Collected data →
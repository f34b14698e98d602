-- ===== src/Auth/Session/Lifecycle.antt =====
-- What a token is good for from its creation to its deletion.
use back_orbit.Base.{
  ◌+◌, true, false, none, some, List, [], ◌∷◌, ◌++◌, Bytes, ◌==◌, ltb, Result, ok, err, ◌≡◌, ◌≢◌,
  refl, arith, Option-cases, Bool-cases, inl, inr, ap, sym, ◌∙◌,
}
use back_orbit.Base.Text.{bytes_eq, bytes_beq_iff, bytes_beq-ne}
use back_orbit.Auth.Session.{
  Call, Row, Session, SessionStore, SessionError, session_not_found, session_expired, create,
  delete, delete_hash, find_hash, insert_row, judge, new_row, session_of, validate,
}

find_hash-append :
    (h : Bytes) (r : Row) (rs : List Row)
    → find_hash h rs ≡ none
    → r.token_hash ≡ h
    → find_hash h (rs ++ (r ∷ [])) ≡ some r
unfolding find_hash
find_hash-append h r [] n e = ground (arith, bytes_beq_iff r.token_hash h, e)
find_hash-append h r (x ∷ xs) n e =
    ground (arith, n, bytes_beq_iff x.token_hash h, find_hash-append h r xs, e)

find_hash-delete_hash : (h : Bytes) (rs : List Row) → find_hash h (delete_hash h rs) ≡ none
unfolding find_hash delete_hash
find_hash-delete_hash h [] = refl
find_hash-delete_hash h (r ∷ rs) = elim (Bool-cases (r.token_hash == h)) [
  | inl e ↦ rw e (find_hash-delete_hash h rs)
  | inr e ↦ rw (e, e) (find_hash-delete_hash h rs)
]

find_hash-delete_hash_other :
    (h g : Bytes) (rs : List Row) → h ≢ g → find_hash h (delete_hash g rs) ≡ find_hash h rs
unfolding find_hash delete_hash
find_hash-delete_hash_other h g [] ne = refl
find_hash-delete_hash_other h g (r ∷ rs) ne = ground (
  arith,
  ne,
  bytes_beq_iff r.token_hash h,
  bytes_beq_iff r.token_hash g,
  find_hash-delete_hash_other h g rs,
)

module _ (hash : Bytes → Bytes) where
  -- An insertion that succeeded found no row with the hash.
  insert_row-some :
      (c : Call) (r : Row) (s t : SessionStore)
      → insert_row hash c r s ≡ some t
      → (find_hash r.token_hash s.rows ≡ none) × (t ≡ record s { rows = s.rows ++ (r ∷ []) })
  unfolding insert_row
  insert_row-some c r s t h = ground arith

  -- What `Create` made, when it succeeded.
  pub create-made :
      (c : Call) (user ip agent : Bytes) (s : SessionStore) (made : Session)
      → (create hash c user ip agent s).0 ≡ ok made
      → let row = new_row hash c made.token user ip agent s.ttl in
        (made ≡ record (session_of row) { token = made.token })
        × (find_hash (hash made.token) s.rows ≡ none)
        × ((create hash c user ip agent s).1 ≡ record s { rows = s.rows ++ (row ∷ []) })
  unfolding create
  create-made c user ip agent s made h = elim (Option-cases c.new_token) [
    | inl e ↦ ground (arith, e)
    | inr (token, e) ↦
        elim (Option-cases (insert_row hash c (new_row hash c token user ip agent s.ttl) s)) [
          | inl n ↦ ground (arith, e, n)
          | inr (t, q) ↦
              let row = new_row hash c token user ip agent s.ttl in
              let same : record (session_of row) { token = token } ≡ made = ground (arith, e, q) in
              let (fresh, grown) = insert_row-some c row s t q in
              let moved : (create hash c user ip agent s).1 ≡ t = ground (arith, e, q) in
              rw (← same) (refl, fresh, moved ∙ grown)
        ]
  ]

  pub validate-found :
      (c : Call) (token : Bytes) (s : SessionStore) (r : Row)
      → token ≢ []
      → c.fails ≡ false
      → find_hash (hash token) s.rows ≡ some r
      → validate hash c token s ≡ judge hash c r s
  unfolding validate
  validate-found c token s r ne works e = ground (arith, bytes_beq-ne token [] ne)

  -- From its creation to its end a token names its session, and the store stays as it is; after the
  -- end it names none. Conditions: the token is not empty, and the query works.
  pub validate-create :
      (c c' : Call) (user ip agent : Bytes) (s : SessionStore) (made : Session)
      → (create hash c user ip agent s).0 ≡ ok made
      → made.token ≢ []
      → c'.fails ≡ false
      → let t = (create hash c user ip agent s).1 in
        (made.expires_at ≡ c.now + s.ttl)
        × (ltb made.expires_at c'.now ≡ false
            → validate hash c' made.token t ≡ (ok (record made { token = [] }), t))
        × (ltb made.expires_at c'.now ≡ true
            → (validate hash c' made.token t).0 ≡ err session_expired)
  unfolding judge
  validate-create c c' user ip agent s made h ne works =
      let (same, fresh, grown) = create-made c user ip agent s made h in
      let row = new_row hash c made.token user ip agent s.ttl in
      let t = (create hash c user ip agent s).1 in
      let at_end : find_hash (hash made.token) t.rows ≡ some row =
        rw grown (find_hash-append (hash made.token) row s.rows fresh refl) in
      let judged = validate-found c' made.token t row ne works at_end in
      let ends : made.expires_at ≡ row.expires_at = ap (λ (m : Session). m.expires_at) same in
      (
        ends,
        λ early.
            let good : ltb row.expires_at c'.now ≡ false = rw (← ends) early in
            judged
            ∙ rw (judge, good)
                (ap
                  (λ (m : Session).
                    let pair : Result SessionError Session × SessionStore =
                      (ok (record m { token = [] }), t) in
                    pair)
                  (sym same)),
        λ late.
            let bad : ltb row.expires_at c'.now ≡ true = rw (← ends) late in
            rw (judged, judge, bad) refl,
      )

  -- A deleted token names no session, and every token with another hash names what it named before.
  -- Condition: neither the deletion nor the query fails.
  pub validate-delete :
      (c c' : Call) (token other : Bytes) (s : SessionStore)
      → c.fails ≡ false
      → c'.fails ≡ false
      → hash other ≢ hash token
      → let t = (delete hash c token s).1 in
        ((validate hash c' token t).0 ≡ err session_not_found)
        × ((validate hash c' other t).0 ≡ (validate hash c' other s).0)
  unfolding validate delete judge
  validate-delete c c' token other s works works' ne = (
    ground (arith, find_hash-delete_hash (hash token) s.rows),
    ground (arith, find_hash-delete_hash_other (hash other) (hash token) s.rows),
  )
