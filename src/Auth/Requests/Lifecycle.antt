-- ===== src/Auth/Requests/Lifecycle.antt =====
-- What a login is good for.
use back_orbit.Base.{
  ℕ, ◌+◌, true, false, some, List, [], ◌∷◌, Bytes, ◌==◌, ltb, length, Result, ok, err, ◌≡◌, ◌≢◌,
  arith, refl, Result-cases, Option-cases, inl, inr, Bool-cases, ◌≤◌, ap, sym, ◌∙◌,
}
use back_orbit.Base.Text.{bytes_eq, bytes_beq_iff}
use back_orbit.Auth.RateLimit.{allow, record_success}
use back_orbit.Auth.Session.{
  Call, Session, SessionError, SessionStore, create, delete, judge, validate, session_not_found,
  session_expired,
}
use back_orbit.Auth.Session.Lifecycle.{create-made, validate-create, validate-delete}
use back_orbit.Auth.Password.{Library, verify_password}
use back_orbit.Auth.Users.{
  Account, Answers, User, UserError, invalid_credentials, authenticate, get_by_id, find_name,
  find_user,
}
use back_orbit.Auth.Requests.{
  Answer, Server, World, emit, logout_done, logged_in, refused, login, logout, require_session,
  start_session, rate_limit_key, logged_out, unauthenticated, handle_logout, authorized, session,
  session_of_user,
}

-- The table holds one account at most, as `CreateUser` sees to.
abbrev pub OneAccount : List Account → Type 0
OneAccount accounts = length accounts ≤ 1

module _ (lib : Library) (hash : Bytes → Bytes) where
  get_by_id-authenticate :
      (q r : Answers) (username password : Bytes) (accounts : List Account) (user : User)
      → OneAccount accounts
      → authenticate lib q username password accounts ≡ ok user
      → r.query_fails ≡ false
      → get_by_id r user.id accounts ≡ ok user
  unfolding authenticate get_by_id find_name find_user
  get_by_id-authenticate q r username password [] user one h works = ground arith
  get_by_id-authenticate q r username password (a ∷ []) user one h works =
      elim (Result-cases (verify_password lib a.password_hash password)) [
        | inl (same, e) ↦ ground (arith, e, bytes_beq_iff a.user.id a.user.id)
        | inr (e, bad) ↦ ground (arith, bad)
      ]
  get_by_id-authenticate q r username password (a ∷ b ∷ accounts) user one h works =
      absurd (omega arith)

  start_session-made :
      (w : World) (ip agent token : Bytes) (ends : ℕ) (user u : User) (s t : Server)
      → start_session lib hash w ip agent user s ≡ (logged_in u token ends, t)
      → (u ≡ user)
        × ((made : Session) × ((create hash w.session user.id ip agent s.sessions).0 ≡ ok made)
            × (made.token ≡ token)
            × (made.expires_at ≡ ends)
            × (t.sessions ≡ (create hash w.session user.id ip agent s.sessions).1)
            × (t.accounts ≡ s.accounts))
  unfolding start_session
  start_session-made w ip agent token ends user u s t h =
      elim (Result-cases (create hash w.session user.id ip agent s.sessions).0) [
        | inr (e, bad) ↦ absurd (ground (arith, bad))
        | inl (made, good) ↦ (
          ground (arith, good),
          (
            made,
            good,
            ground (arith, good),
            ground (arith, good),
            ground (arith, good),
            ground (arith, good),
          ),
        )
      ]

  validate-ok :
      (c : Call) (token : Bytes) (s : SessionStore) (x : Session)
      → (validate hash c token s).0 ≡ ok x
      → ((validate hash c token s).1 ≡ s) × ((token == []) ≡ false)
  unfolding validate judge
  validate-ok c token s x h = ground arith

  require_session-some :
      (w : World) (token : Bytes) (s : Server) (user : User) (x : Session)
      → (require_session lib hash w token s).0 ≡ some (user, x)
      → ((require_session lib hash w token s).1 ≡ s) × ((token == []) ≡ false)
  unfolding require_session
  require_session-some w token s user x h =
      elim (Result-cases (validate hash w.session token s.sessions).0) [
        | inr (e, bad) ↦ absurd (ground (arith, bad))
        | inl (y, good) ↦
            let (same, filled) = validate-ok w.session token s.sessions y good in
            elim (Result-cases (get_by_id w.users y.user_id s.accounts)) [
              | inr (e, bad) ↦ absurd (ground (arith, good, bad))
              | inl (u, known) ↦ (ground (arith, good, known, same), filled)
            ]
      ]

  refused-ne :
      (e : UserError) (user : User) (token : Bytes) (ends : ℕ)
      → refused e ≢ logged_in user token ends
  refused-ne invalid_credentials user token ends = cc
  refused-ne _ user token ends = cc

  session_valid :
      (w : World) (token : Bytes) (s : Server) (x : Session) (user : User)
      → validate hash w.session token s.sessions ≡ (ok x, s.sessions)
      → get_by_id w.users x.user_id s.accounts ≡ ok user
      → session lib hash w token s ≡ (session_of_user user x.expires_at, s)
  unfolding session authorized require_session
  session_valid w token s x user e g = ground (arith, e, g)

  -- The answer of GET /auth/session, from what `Validate` gave.
  abbrev seen : World → List Account → Result SessionError Session → Answer
  seen w accounts (err _) = unauthenticated
  seen w accounts (ok x) = elim (get_by_id w.users x.user_id accounts) [
    | err _ ↦ unauthenticated
    | ok user ↦ session_of_user user x.expires_at
  ]

  session_seen :
      (w : World) (token : Bytes) (s : Server)
      → (session lib hash w token s).0
        ≡ seen w s.accounts (validate hash w.session token s.sessions).0
  unfolding session authorized require_session
  session_seen w token s = elim (Result-cases (validate hash w.session token s.sessions).0) [
    | inr (e, bad) ↦ ground (arith, bad)
    | inl (x, good) ↦ elim (Result-cases (get_by_id w.users x.user_id s.accounts)) [
      | inr (e, bad) ↦ ground (arith, good, bad)
      | inl (u, known) ↦ ground (arith, good, known)
    ]
  ]

  session_refused :
      (w : World) (token : Bytes) (s : Server) (e : SessionError)
      → (validate hash w.session token s.sessions).0 ≡ err e
      → (session lib hash w token s).0 ≡ unauthenticated
  unfolding session authorized require_session
  session_refused w token s e h = rw (session, authorized, require_session, h) refl

  login-made :
      (w : World) (ip agent username password token : Bytes) (ends : ℕ) (user : User) (s t : Server)
      → login lib hash w ip agent username password s ≡ (logged_in user token ends, t)
      → (authenticate lib w.users username password s.accounts ≡ ok user)
        × ((made : Session) × ((create hash w.session user.id ip agent s.sessions).0 ≡ ok made)
            × (made.token ≡ token)
            × (made.expires_at ≡ ends)
            × (t.sessions ≡ (create hash w.session user.id ip agent s.sessions).1)
            × (t.accounts ≡ s.accounts))
  unfolding login
  login-made w ip agent username password token ends user s t h =
      elim (Bool-cases (allow s.limiter (rate_limit_key ip username) w.allow_now).1) [
        | inr stop ↦ absurd (ground (arith, stop))
        | inl go ↦ elim (Result-cases (authenticate lib w.users username password s.accounts)) [
          | inr (e, bad) ↦ absurd (refused-ne e user token ends (ground (arith, go, bad)))
          | inl (u, good) ↦
              let begun : start_session lib hash w ip agent u (record s {
                limiter =
                    record_success (allow s.limiter (rate_limit_key ip username) w.allow_now).0
                      (rate_limit_key ip username);
              })
                  ≡ (logged_in user token ends, t) =
                rw (login, go, good) at h in
              let (same, rest) = start_session-made w ip agent token ends u user _ t begun in
              rw same (good, rest)
        ]
      ]

  -- From a login to the end of its session, the token that the login set as a cookie names the user
  -- who logged in, and no request with it changes anything; after the end it names nobody.
  -- Conditions: one account at most, a token that is not empty, and queries that work.
  pub session-login :
      (w w' : World) (ip agent username password token : Bytes) (ends : ℕ) (user : User)
      (s t : Server)
      → login lib hash w ip agent username password s ≡ (logged_in user token ends, t)
      → OneAccount s.accounts
      → token ≢ []
      → w'.session.fails ≡ false
      → w'.users.query_fails ≡ false
      → (ends ≡ w.session.now + s.sessions.ttl)
        × (ltb ends w'.session.now ≡ false
            → session lib hash w' token t ≡ (session_of_user user ends, t))
        × (ltb ends w'.session.now ≡ true → (session lib hash w' token t).0 ≡ unauthenticated)
  unfolding session authorized require_session
  session-login w w' ip agent username password token ends user s t h one ne works works' =
      let (accepted, (made, created, is_token, at_end, sessions, accounts)) =
        login-made w ip agent username password token ends user s t h in
      let (shape, _, _) = create-made hash w.session user.id ip agent s.sessions made created in
      let owner : made.user_id ≡ user.id = ap (λ (m : Session). m.user_id) shape in
      let known : get_by_id w'.users made.user_id t.accounts ≡ ok user =
        rw (owner, accounts)
          (get_by_id-authenticate w.users w'.users username password s.accounts user one accepted
            works') in
      let (ends_at, early, late) =
        validate-create hash w.session w'.session user.id ip agent s.sessions made created
          (rw is_token ne) works in
      (
        sym at_end ∙ ends_at,
        λ e. rw (← at_end) (
            session_valid w' token t (record made { token = [] }) user
              (rw (sessions, ← is_token) (early (rw at_end e))) known),
        λ e.
            session_refused w' token t session_expired
              (rw (sessions, ← is_token) (late (rw at_end e))),
      )

  -- After a logout its token names nobody. Every token with another hash names whom it named before.
  -- Condition: the deletion works, and for the other token the query works.
  pub session-logout :
      (w1 w2 w' : World) (token other : Bytes) (s t : Server)
      → logout lib hash w1 w2 token s ≡ (logged_out, t)
      → w2.session.fails ≡ false
      → w'.session.fails ≡ false
      → hash other ≢ hash token
      → ((session lib hash w' token t).0 ≡ unauthenticated)
        × ((session lib hash w' other t).0 ≡ (session lib hash w' other s).0)
  unfolding authorized logout handle_logout
  session-logout w1 w2 w' token other s t h works works' ne =
      elim (Option-cases (require_session lib hash w1 token s).0) [
        | inl stop ↦ absurd (ground (arith, stop))
        | inr ((user, x), go) ↦
            let (same, filled) = require_session-some w1 token s user x go in
            let done : (
              logged_out,
              emit (logout_done user)
                  (record s { sessions = (delete hash w2.session token s.sessions).1 }),
            )
                ≡ (logged_out, t) =
              rw (logout, authorized, go, same, handle_logout, filled) at h in
            let after : t.sessions ≡ (delete hash w2.session token s.sessions).1 =
              ap (λ (p : Answer × Server). p.1.sessions) (sym done) in
            let people : t.accounts ≡ s.accounts =
              ap (λ (p : Answer × Server). p.1.accounts) (sym done) in
            let (gone, kept) =
              validate-delete hash w2.session w'.session token other s.sessions works works' ne in
            (
              session_refused w' token t session_not_found (rw after gone),
              rw (session_seen w' other t, session_seen w' other s, after, people, kept) refl,
            )
      ]
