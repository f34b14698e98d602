-- ===== src/Auth/Users/Administrator.antt =====
-- The one account that the set-up makes.
use back_orbit.Base.{
  Bool, false, some, List, [], ◌∷◌, Bytes, ◌==◌, if◌then◌else◌, ok, err, ◌≡◌, refl, arith,
  Result-cases, inl, inr, ◌≢◌,
}
use back_orbit.Base.Text.{bytes_eq, bytes_beq_iff}
use back_orbit.Auth.Password.{Library, hash_password, verify_password, default_params, key_length}
use back_orbit.Auth.Password.Verified.{verify_password-hash_password}
use back_orbit.Auth.Users.{
  User, Account, Answers, find_name, find_user, has_any_user, insert_user, get_by_id, create_user,
  authenticate, user_already_set_up, invalid_credentials,
}

module _ (lib : Library) where
  -- What `CreateUser` leaves when it succeeds: the table was empty, and holds the one account.
  pub create_user-made :
      (q : Answers) (username password : Bytes) (accounts table : List Account) (user : User)
      → create_user lib q username password accounts ≡ ok (user, table)
      → (accounts ≡ [])
        × ((hash : Bytes) × (hash_password lib q.random password ≡ ok hash)
            × (table ≡ record { user = user; password_hash = hash } ∷ []))
        × (user.username ≡ username)
        × (user.id ≡ q.uuid)
  unfolding create_user has_any_user insert_user find_name find_user
  create_user-made q username password [] table user h =
      elim (Result-cases (hash_password lib q.random password)) [
        | inr (e, bad) ↦ absurd (ground (arith, bad))
        | inl (hash, good) ↦
            (refl, (hash, good, ground (arith, good)), ground (arith, good), ground (arith, good))
      ]
  create_user-made q username password (a ∷ accounts) table user h = absurd (ground arith)

  module _ (r : Answers) (works : r.query_fails ≡ false) (user : User) (hash : Bytes) where
    abbrev one_account : List Account
    one_account = record { user = user; password_hash = hash } ∷ []

    authenticate-one_account :
        (other : Bytes) (same : Bool)
        → verify_password lib hash other ≡ ok same
        → authenticate lib r user.username other one_account
          ≡ (if same then ok user else err invalid_credentials)
    unfolding authenticate find_name
    authenticate-one_account other same v =
        ground (arith, v, bytes_beq_iff user.username user.username)

    authenticate_stranger :
        (name other : Bytes)
        → name ≢ user.username
        → authenticate lib r name other one_account ≡ err invalid_credentials
    unfolding authenticate find_name
    authenticate_stranger name other ne = ground (arith, ne, bytes_beq_iff user.username name)

    get_by_id-one_account : get_by_id r user.id one_account ≡ ok user
    unfolding get_by_id find_user
    get_by_id-one_account = ground (arith, bytes_beq_iff user.id user.id)

  -- After `CreateUser` its account logs in under its own name only, and there with exactly the
  -- passwords to which Argon2id gives the key of its own; its id finds it, and no second account can
  -- be made. Conditions: `salt` is what the random reader delivered, and the later queries work.
  pub authenticate-create_user :
      (q r : Answers) (username password other : Bytes) (accounts table : List Account)
      (user : User) (salt : Bytes)
      → q.random ≡ some salt
      → create_user lib q username password accounts ≡ ok (user, table)
      → r.query_fails ≡ false
      → r.count_fails ≡ false
      → let key = λ (p : Bytes). lib.id_key p salt default_params key_length in
        (authenticate lib r username other table
          ≡ (if key password == key other then ok user else err invalid_credentials))
        × ((name : Bytes)
            → name ≢ username
            → authenticate lib r name other table ≡ err invalid_credentials)
        × (get_by_id r user.id table ≡ ok user)
        × ((name : Bytes) → create_user lib r name other table ≡ err user_already_set_up)
  unfolding create_user has_any_user
  authenticate-create_user q r username password other accounts table user salt drawn h works
        counts =
      let (_, (hash, good, filled), named, _) =
        create_user-made q username password accounts table user h in
      let read : hash_password lib (some salt) password ≡ ok hash = rw drawn at good in
      rw (filled, ← named)
        (
          authenticate-one_account r works user hash other _
              (verify_password-hash_password lib salt password other hash read),
          λ name ne. authenticate_stranger r works user hash name other ne,
          get_by_id-one_account r works user hash,
          λ name. rw (create_user, counts) refl,
        )
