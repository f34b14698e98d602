-- ===== src/Auth/Requests/Setup.antt =====
-- The set-up of the administrator.
use back_orbit.Base.{
  ℕ, List, [], ◌∷◌, Bytes, length, trim_space, ok, err, ◌≡◌, ◌≢◌, ◌≤◌, arith, Result-cases, inl,
  inr, Bool-cases,
}
use back_orbit.Auth.Password.{Library}
use back_orbit.Auth.Users.{
  Account, Answers, User, UserError, count_failed, user_already_set_up, create_user, has_any_user,
}
use back_orbit.Auth.Users.Administrator.{create_user-made}
use back_orbit.Auth.Requests.{
  Server, World, account_created, admin_account_created, emit, first_session, setup_admin,
  setup_named, setup_refused,
}

module _ (lib : Library) (hash : Bytes → Bytes) where
  create_user_again :
      (q : Answers) (name password : Bytes) (a : Account) (accounts : List Account)
      → (e : UserError) × (create_user lib q name password (a ∷ accounts) ≡ err e)
  unfolding create_user has_any_user
  create_user_again q name password a accounts = elim (Bool-cases q.count_fails) [
    | inl e ↦ (count_failed, ground (arith, e))
    | inr e ↦ (user_already_set_up, ground (arith, e))
  ]

  setup_named_again :
      (w : World) (ip agent name password : Bytes) (a : Account) (accounts : List Account)
      (s : Server)
      → s.accounts ≡ a ∷ accounts
      → (setup_named lib hash w ip agent name password s).1 ≡ s
  unfolding setup_named
  setup_named_again w ip agent name password a accounts s held =
      let (e, no_second) = create_user_again w.users name password a accounts in
      let refusal : create_user lib w.users name password s.accounts ≡ err e = rw held no_second in
      ground (arith, refusal)

  first_session-made :
      (w : World) (ip agent token : Bytes) (ends : ℕ) (u user : User) (s t : Server)
      → first_session lib hash w ip agent u s ≡ (account_created user token ends, t)
      → (user ≡ u) × (t.accounts ≡ s.accounts)
  unfolding first_session
  first_session-made w ip agent token ends u user s t h = ground arith

  setup_refused-ne :
      (e : UserError) (user : User) (token : Bytes) (ends : ℕ)
      → setup_refused e ≢ account_created user token ends
  setup_refused-ne user_already_set_up user token ends = cc
  setup_refused-ne _ user token ends = cc

  setup_named-made :
      (w : World) (ip agent name password token : Bytes) (ends : ℕ) (user : User) (s t : Server)
      → setup_named lib hash w ip agent name password s ≡ (account_created user token ends, t)
      → (3 ≤ length name)
        × (length name ≤ 64)
        × (12 ≤ length password)
        × (create_user lib w.users name password s.accounts ≡ ok (user, t.accounts))
  unfolding setup_named
  setup_named-made w ip agent name password token ends user s t h =
      elim (Result-cases (create_user lib w.users name password s.accounts)) [
        | inr (e, bad) ↦ absurd (ground (arith, bad, setup_refused-ne e user token ends))
        | inl ((u, table), good) ↦
            let begun : first_session lib hash w ip agent u
                  (emit (admin_account_created u) (record s { accounts = table }))
                ≡ (account_created user token ends, t) =
              ground (arith, good) in
            let (same, held) = first_session-made w ip agent token ends u user _ t begun in
            (ground (arith, good), ground (arith, good), ground (arith, good), rw (same, held) good)
      ]

  -- The set-up succeeds only where there is no account. It then holds the account of the trimmed
  -- name, of 3 to 64 bytes, with a password of 12 bytes at least, and no later set-up changes
  -- anything.
  pub setup_admin_once :
      (w : World) (ip agent username password token : Bytes) (ends : ℕ) (user : User) (s t : Server)
      → setup_admin lib hash w ip agent username password s ≡ (account_created user token ends, t)
      → (s.accounts ≡ [])
        × (user.username ≡ trim_space username)
        × (3 ≤ length (trim_space username))
        × (length (trim_space username) ≤ 64)
        × (12 ≤ length password)
        × ((w' : World) (ip' agent' username' password' : Bytes)
            → (setup_admin lib hash w' ip' agent' username' password' t).1 ≡ t)
  unfolding setup_admin
  setup_admin_once w ip agent username password token ends user s t h =
      let name = trim_space username in
      let (long, short, safe, made) =
        setup_named-made w ip agent name password token ends user s t h in
      let (none_yet, (_, _, held), named, _) =
        create_user-made lib w.users name password s.accounts t.accounts user made in
      (
        none_yet,
        named,
        long,
        short,
        safe,
        λ w' ip' agent' username' password'.
            setup_named_again w' ip' agent' (trim_space username') password' _ [] t held,
      )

YOUR ASSIGNMENT →
Every line above holding the string "Library" should be listed.

ANSWER →
use back_orbit.Auth.Password.{Library, verify_password}
module _ (lib : Library) (hash : Bytes → Bytes) where
use back_orbit.Auth.Password.{Library, hash_password, verify_password, default_params, key_length}
module _ (lib : Library) where
use back_orbit.Auth.Password.{Library}
module _ (lib : Library) (hash : Bytes → Bytes) where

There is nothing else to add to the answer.